# FinaCARD bedding for rats?



## ratclaws (Nov 11, 2012)

I've been looking into purchasing a better cage lining/bedding for my three rats recently and stumbled across FinaCARD. I usually used torn up tissue and cardboard, but that seems to get smelly pretty quickly. I read a few reviews about different bedding such as hemp, paper cat litter (e.g. Yesterday's News) and Carefresh. After a little research I found out about a copycat version of Carefresh called Megazorb, and a cardboard-based bedding called FinaCARD. It seems like a great choice, and the bales are so cheap for such a huge amount of bedding! 17KG for £14 ($22 USD) seems brilliant. I was wondering if any users have had an experiences using this particular bedding or similar (perhaps a US equivalent?). It's basically compressed, shredded corrugated cardboard that's had dust particles removed.

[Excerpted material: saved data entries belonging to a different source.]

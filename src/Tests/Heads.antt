-- ===== src/Tests/Heads.antt =====
-- A second file system for the tests, which reads what was opened: the files, and the bytes of the
-- file that was opened last, under the descriptor 3.
use hvac_checkpoint.Common.{
  ℕ, zero, suc, ◌≡◌, refl, sym, inl, inr, Option, none, some, List, [], ◌∷◌, length, take,
}
use hvac_checkpoint.Common.Int.{ℤ, pos, negsuc, minus_one}
use hvac_checkpoint.Common.Maps.{lookup}
use hvac_checkpoint.Common.Text.{text_eq}
use hvac_checkpoint.Posix.{Posix, ReadLaws, ReadsUpTo}
use hvac_checkpoint.Server.Cache.{FileLaws}
use hvac_checkpoint.Cluster.Content.{OpenLaws}
use hvac_checkpoint.Tests.Disk.{
  Files, fresh, copy_to, lookup-fresh, copy_to-target, copy_to-other, length-take_le,
}

pub record Heads : Type 0 where
  pub files : Files
  pub opened : List ℕ

abbrev pub bytes_of : Option (List ℕ) → List ℕ
bytes_of none = []
bytes_of (some bytes) = bytes

abbrev pub read_head : ℤ → ℕ → List ℕ → ℤ × List ℕ
read_head (pos fd) n bytes = (pos (length (take n bytes)), take n bytes)
read_head (negsuc fd) n bytes = (minus_one, [])

abbrev pub heads : Posix
heads = record {
  Fs = Heads;
  open_file = λ p flags fs. (pos 3, record fs { opened = bytes_of (lookup p fs.files) });
  close_file = λ fd fs. (pos 0, fs);
  read_file = λ fd n fs. let (r, bytes) = read_head fd n fs.opened in (r, bytes, fs);
  pread_file = λ fd n offset fs. let (r, bytes) = read_head fd n fs.opened in (r, bytes, fs);
  seek_file = λ fd offset whence fs. (offset, fs);
  copy_file = λ p q fs.
      let (done, files) = copy_to (lookup p fs.files) q fs.files in
      (done, record fs { files = files });
  make_temp_dir = λ template fs. (fresh fs.files, fs);
}

pub read_head-ReadsUpTo :
    (fd : ℤ) (n : ℕ) (bytes : List ℕ)
    → ReadsUpTo n (read_head fd n bytes).0 (read_head fd n bytes).1
read_head-ReadsUpTo (pos fd) n bytes =
    inr (length (take n bytes), refl, length-take_le n bytes, refl)
read_head-ReadsUpTo (negsuc fd) n bytes = inl (refl, refl)

pub heads-ReadLaws : ReadLaws heads
heads-ReadLaws = record {
  read_result = λ fd n fs. read_head-ReadsUpTo fd n fs.opened;
  pread_result = λ fd n offset fs. read_head-ReadsUpTo fd n fs.opened;
}

unfoldable pub heads-FileLaws : FileLaws heads
heads-FileLaws = record {
  content = λ p fs. lookup p fs.files;
  open_content = λ q p flags fs. refl;
  close_content = λ q fd fs. refl;
  read_content = λ q fd n fs. refl;
  pread_content = λ q fd n offset fs. refl;
  seek_content = λ q fd offset whence fs. refl;
  temp_content = λ q template fs. refl;
  temp_fresh = λ template name fs. lookup-fresh name fs.files;
  copy_target = λ p q fs h. copy_to-target p q fs.files (lookup p fs.files) refl h;
  copy_other = λ p q r fs ne. copy_to-other q r fs.files (lookup p fs.files) ne;
}

pub take-length-take : (n : ℕ) (l : List ℕ) → take (length (take n l)) l ≡ take n l
take-length-take zero l = refl
take-length-take (suc n) [] = refl
take-length-take (suc n) (x ∷ l) = rw (take-length-take n l) refl

take-back :
    (n k : ℕ) (bytes : List ℕ) (found : Option (List ℕ))
    → found ≡ some bytes
    → pos (length (take n (bytes_of found))) ≡ pos k
    → take n (bytes_of found) ≡ take k bytes
take-back n k bytes none has got = absurd (cc has)
take-back n k bytes (some here) has got =
    let same : here ≡ bytes = cc has in
    let size : length (take n here) ≡ k = cc got in
    rw (← same, ← size) (sym (take-length-take n here))

pub heads-OpenLaws : OpenLaws heads heads-FileLaws
unfolding lookup heads-FileLaws
heads-OpenLaws = record {
  open_read = λ p fs d n k bytes has fd got. take-back n k bytes (lookup p fs.files) has got;
}
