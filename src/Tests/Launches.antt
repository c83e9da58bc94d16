-- ===== src/Tests/Launches.antt =====
-- The start of a server of rank 1 beside a server of rank 0, with a Mercury that keeps its handlers in
-- a map by the hash of their names.
use hvac_checkpoint.Common.{
  ℕ, ◌≡◌, refl, ap, ◌≢◌, Bool, true, false, Option, none, some, List, [], ◌∷◌, arith, Option-cases,
  inl, inr, nat_eq,
}
use hvac_checkpoint.Common.Int.{ℤ, pos, int_eq, to_int32, to_unsigned}
use hvac_checkpoint.Common.Maps.{Map, lookup, insert, lookup-insert}
use hvac_checkpoint.Common.Text.{Text, codes, text_eq}
use hvac_checkpoint.Common.Run.{ok}
use hvac_checkpoint.Ports.{
  find_address, list_addr, scan_signed, scan_digits, skip_space, skip_digits,
}
use hvac_checkpoint.Common.Decimal.{read_digits}
use hvac_checkpoint.Ports.RoundTrip.{print_file, first_entry}
use hvac_checkpoint.Startup.{atoi}
use hvac_checkpoint.Launch.{
  RpcCall, read_call, open_call, close_call, seek_call, MercurySetup, Site, Launch, RpcIds,
  unlaunched, config_name, content_of, main, announce, client_comm_register_rpc,
}
use hvac_checkpoint.Launch.Laws.{RegisterLaws, rpc_name, ServesAll}
use hvac_checkpoint.Launch.Meets.{CanStart, main-ServesAll, main-meets_client, announce-unserved}
use hvac_checkpoint.Earlier
use hvac_checkpoint.Earlier.Launch.Compared.{SameHost, Alike, main-earlier}
use hvac_checkpoint.Tests.{hash}

abbrev Handlers : Type 0
Handlers = Map ℕ (RpcCall × Bool)

abbrev disable : ℕ → Handlers → ℕ × Handlers
disable id c = elim (lookup id c) [
  | none ↦ (1, c)
  | some (call, answered) ↦ (0, insert id (call, false) c)
]

abbrev mercury : MercurySetup
mercury = record {
  Class = Handlers;
  init = λ info listen. some [];
  context_create = λ c. true;
  register = λ c name call. (hash name, insert (hash name) (call, true) c);
  disable_response = λ c id. disable id c;
  self_address = λ c. some (codes "ofi+verbs://10.0.0.2:9000");
}

abbrev handler_of : Option (RpcCall × Bool) → Option RpcCall
handler_of none = none
handler_of (some (call, answered)) = some call

abbrev answered_of : Option (RpcCall × Bool) → Bool
answered_of none = false
answered_of (some (call, answered)) = answered

handlers_distinct :
    (call other : RpcCall) → hash (rpc_name call) ≡ hash (rpc_name other) → call ≡ other
handlers_distinct read_call read_call e = refl
handlers_distinct read_call open_call e = absurd (omega (arith, e))
handlers_distinct read_call close_call e = absurd (omega (arith, e))
handlers_distinct read_call seek_call e = absurd (omega (arith, e))
handlers_distinct open_call read_call e = absurd (omega (arith, e))
handlers_distinct open_call open_call e = refl
handlers_distinct open_call close_call e = absurd (omega (arith, e))
handlers_distinct open_call seek_call e = absurd (omega (arith, e))
handlers_distinct close_call read_call e = absurd (omega (arith, e))
handlers_distinct close_call open_call e = absurd (omega (arith, e))
handlers_distinct close_call close_call e = refl
handlers_distinct close_call seek_call e = absurd (omega (arith, e))
handlers_distinct seek_call read_call e = absurd (omega (arith, e))
handlers_distinct seek_call open_call e = absurd (omega (arith, e))
handlers_distinct seek_call close_call e = absurd (omega (arith, e))
handlers_distinct seek_call seek_call e = refl

handler_disabled :
    (c : Handlers) (id : ℕ) (call : RpcCall)
    → handler_of (lookup id c) ≡ some call
    → ((disable id c).0 ≡ 0)
      × (handler_of (lookup id (disable id c).1) ≡ some call)
      × (answered_of (lookup id (disable id c).1) ≡ false)
handler_disabled c id call h = elim (Option-cases (lookup id c)) [
  | inl absent ↦ absurd (ground (arith, absent, h))
  | inr ((k, answered), present) ↦ (
    ground (arith, present),
    ground (arith, present, h, lookup-insert id id (k, false) c),
    ground (arith, present, lookup-insert id id (k, false) c),
  )
]

handler_kept :
    (c : Handlers) (id other : ℕ) → other ≢ id → lookup other (disable id c).1 ≡ lookup other c
handler_kept c id other ne = elim (Option-cases (lookup id c)) [
  | inl absent ↦ ground (arith, absent)
  | inr ((k, answered), present) ↦ ground (arith, present, lookup-insert id other (k, false) c)
]

unfoldable mercury-RegisterLaws : RegisterLaws mercury
unfolding lookup
mercury-RegisterLaws = record {
  id_of = hash;
  handler_at = λ c id. handler_of (lookup id c);
  answers_at = λ c id. answered_of (lookup id c);
  new_class = λ info listen c e id. let same : [] ≡ c = cc e in ground (arith, ap (lookup id) same);
  registers = λ c name call.
      let entry = lookup-insert (hash name) (hash name) (call, true) c in
      (refl, ground (arith, entry), ground (arith, entry));
  registers_other = λ c name call id ne.
      let entry = lookup-insert (hash name) id (call, true) c in
      (ground (arith, entry), ground (arith, entry));
  disables = handler_disabled;
  disables_other = λ c id other ne.
      let same = handler_kept c id other ne in (ap handler_of same, ap answered_of same);
  distinct = handlers_distinct;
}

abbrev site : Site
site = record {
  pmi_rank = some (codes "1");
  slurm_jobid = some (codes "42");
  mover_created = true;
  progress_created = true;
  can_append = λ filename. true;
}

abbrev here : Text
here = codes "ofi+verbs://10.0.0.2:9000"

can_start : CanStart mercury site (codes "1") (codes "42") here
can_start = record {
  class = [];
  has_rank = refl;
  has_job = refl;
  initialised = refl;
  printed = refl;
  clean = ground arith;
  writable = refl;
}

abbrev posted : List (ℤ × Text)
posted = (pos 0, codes "ofi+verbs://10.0.0.1:9000") ∷ []

abbrev directory : Map Text Text
directory = (config_name (codes "42"), print_file posted) ∷ []

found_there : content_of (config_name (codes "42")) directory ≡ print_file posted
unfolding lookup config_name
found_there = refl

other_rank : first_entry (atoi (codes "1")) posted ≡ none
unfolding first_entry atoi scan_signed scan_digits skip_space skip_digits read_digits to_int32
other_rank = refl

abbrev server_host : Launch Handlers
server_host = unlaunched directory

main-ServesAll_example :
    (s : Launch Handlers) × (c : Handlers) × (main mercury (codes "2" ∷ []) site server_host ≡ ok s)
    × (s.hg_class ≡ some c)
    × ServesAll mercury mercury-RegisterLaws c
    × (s.server_count ≡ to_unsigned 32 (atoi (codes "2")))
    × (s.mover_running ≡ true)
    × (s.progress_running ≡ true)
    × (lookup (config_name (codes "42")) s.files
        ≡ some
            (list_addr (atoi (codes "1")) here (content_of (config_name (codes "42")) directory)))
unfolding lookup mercury-RegisterLaws
main-ServesAll_example =
    main-ServesAll mercury site (codes "1") (codes "42") here can_start mercury-RegisterLaws
      (codes "2") [] directory

main-meets_client_example :
    (s : Launch Handlers) × (c d : Handlers) × (ids : RpcIds) × (main mercury
        (codes "2" ∷ [])
        site
        server_host
      ≡ ok s)
    × (s.hg_class ≡ some c)
    × (client_comm_register_rpc mercury [] ≡ ok (ids, d))
    × (handler_of (lookup ids.rpc_id c) ≡ some read_call)
    × (handler_of (lookup ids.open_id c) ≡ some open_call)
    × (handler_of (lookup ids.close_id c) ≡ some close_call)
    × (handler_of (lookup ids.seek_id c) ≡ some seek_call)
    × (find_address (atoi (codes "1")) (content_of (config_name (codes "42")) s.files) ≡ some here)
unfolding lookup mercury-RegisterLaws
main-meets_client_example =
    main-meets_client mercury site (codes "1") (codes "42") here can_start mercury-RegisterLaws
      (codes "2") [] posted directory [] found_there
      (((omega arith, omega arith), ground arith), tt) other_rank (ground arith)

announce-unserved_example :
    (t : Launch Handlers) × (c : Handlers) × (announce mercury site server_host ≡ ok t)
    × (t.hg_class ≡ some c)
    × (find_address (atoi (codes "1")) (content_of (config_name (codes "42")) t.files) ≡ some here)
    × ((id : ℕ) → handler_of (lookup id c) ≡ none)
unfolding lookup mercury-RegisterLaws
announce-unserved_example =
    announce-unserved mercury site (codes "1") (codes "42") here can_start mercury-RegisterLaws
      posted server_host found_there (((omega arith, omega arith), ground arith), tt) other_rank
      (ground arith)

-- The same host for the earlier server.
abbrev earlier_site : Earlier.Launch.Site
earlier_site = record {
  pmi_rank = some (codes "1");
  slurm_job_id = some (codes "42");
  hostname = codes "node2";
  pid = 77;
  mover_created = true;
  progress_created = true;
  can_append = λ filename. true;
  can_write = λ filename. true;
}

same_host : SameHost site earlier_site (codes "42")
same_host = record {
  same_rank = refl;
  same_job = refl;
  same_mover = refl;
  same_progress = refl;
  appends = refl;
  logs = refl;
  creates = refl;
}

main-earlier_example :
    (s t : Launch Handlers) × (main mercury (codes "2" ∷ []) site server_host ≡ ok s)
    × (Earlier.Launch.main mercury (codes "2" ∷ []) earlier_site server_host ≡ ok t)
    × Alike (codes "42") s t
main-earlier_example =
    main-earlier mercury site earlier_site (codes "1") (codes "42") here can_start same_host
      mercury-RegisterLaws (codes "2") [] directory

Here's a link if any UK users are interested: FinaCARDhttp://www.finacard-uk.com/index.php?main_page=product_info&products_id=116


----------



## LightningWolf (Jun 8, 2012)

I don't have any experience and we don't have a US version But from what I've read and seen a lot of rat breeders in the UK use it as their main bedding, so I would assume it's very recommended.


----------



## Isamurat (Jul 27, 2012)

It is good, I would recommend card bedding as probably the best overall. I like finacard but do prefer greenmile over it. It's a personal preference thing. Finacard is softer, greenmile really bouncy. I find greenmile slightly less dusty and better with smells but there's not much in it. They are actually at there best if you mix them with a more absorbant bedding like hemp or bedmax. Oh also the paperlit pellets from finacard ate brill, and cheaper than biocatolet and yesterdays news.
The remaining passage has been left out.